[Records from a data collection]
■ ■ ■ ■ ■ ■ ■

-- ===== src/Entry/Start.antt =====
-- The driver after the addition of its device.
use ghostcom.Base.{either_way, some_injective, ℕ, ◌≡◌, refl, subst, Bool, not, Option, none, some}
use ghostcom.Status.{Status, nt_success, success}
use ghostcom.Kernel.{Kernel, DeviceCalls}
use ghostcom.Table.{Driver}
use ghostcom.Table.Well.{IsWell}
use ghostcom.Control.{control_device_create}
use ghostcom.Entry.{device_add, no_pairs}

module _ {Queue : Type 0} where
  -- A table that is well, and no pair in memory.
  abbrev pub IsUnused : Driver Queue → Type 0
  IsUnused d = IsWell d × ((q : ℕ) → d.heap q ≡ none)

  no_pairs-IsUnused :
      (g_dev_ctx : Bool) (k : Kernel) → IsUnused (no_pairs {Queue = Queue} g_dev_ctx k)
  no_pairs-IsUnused g_dev_ctx k = (record { long = refl; counted = refl; sound = tt }, λ q. refl)

  abbrev AfterUnused : Status × Driver Queue → Type 0
  AfterUnused result = IsUnused result.1

  control_device_create-IsUnused :
      (control : DeviceCalls Queue) (d : Driver Queue)
      → IsUnused d
      → IsUnused (control_device_create control d).1
  unfolding control_device_create
  control_device_create-IsUnused control d w = either_way AfterUnused (not control.init_given) w (
      either_way AfterUnused (not (nt_success control.assign_name)) w (
        either_way AfterUnused (not (nt_success control.device_create)) w (
          either_way AfterUnused (not (nt_success control.create_link)) (aside _ _ _) (
            either_way AfterUnused (not (nt_success control.default_queue)) (aside _ _ _)
              (aside _ _ _)))))
    where
      aside :
          (device : Option ℕ) (there : Bool) (k : Kernel)
          → IsUnused (record d { control_device = device; g_dev_ctx = there; kernel = k })
      aside device there k =
          (record { long = w.0.long; counted = w.0.counted; sound = w.0.sound }, w.1)

  pub record HoldsUnused (result : Status × Option (Driver Queue)) : Type 0 where
    pub unused : (d : Driver Queue) → result.1 ≡ some d → IsUnused d

  pub device_add-HoldsUnused :
      (created lock : Status) (control : DeviceCalls Queue) (g_dev_ctx : Bool) (k : Kernel)
      → HoldsUnused (device_add created lock control g_dev_ctx k)
  unfolding device_add
  device_add-HoldsUnused created lock control g_dev_ctx k =
      either_way HoldsUnused (not (nt_success created)) (no_device created) (
        either_way HoldsUnused (not (nt_success lock))
          (in_device lock (no_pairs-IsUnused g_dev_ctx k))
          (either_way HoldsUnused
            (not (nt_success (control_device_create control (no_pairs g_dev_ctx k)).0))
            (in_device _ created_well) (in_device success created_well)))
    where
      no_device : (st : Status) → HoldsUnused (st, none)
      no_device st = record { unused = λ d e. absurd (cc e) }

      in_device : {d : Driver Queue} → (st : Status) → IsUnused d → HoldsUnused (st, some d)
      in_device st w = record { unused = λ d' e. subst (λ x. IsUnused x) (some_injective e) w }

      created_well : IsUnused (control_device_create control (no_pairs g_dev_ctx k)).1
      created_well = control_device_create-IsUnused control _ (no_pairs-IsUnused g_dev_ctx k)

■ ■ ■ ■ ■ ■ ■

# [Work required]
Retype only the stretch of lines above starting at the one with "either_way AfterUnused (not (nt_success control.assign_name))" and stopping at the one with "(device : Option", exactly as written, with both kept.

# [Response to the task]
      either_way AfterUnused (not (nt_success control.assign_name)) w (
        either_way AfterUnused (not (nt_success control.device_create)) w (
          either_way AfterUnused (not (nt_success control.create_link)) (aside _ _ _) (
            either_way AfterUnused (not (nt_success control.default_queue)) (aside _ _ _)
              (aside _ _ _)))))
    where
      aside :
          (device : Option ℕ) (there : Bool) (k : Kernel)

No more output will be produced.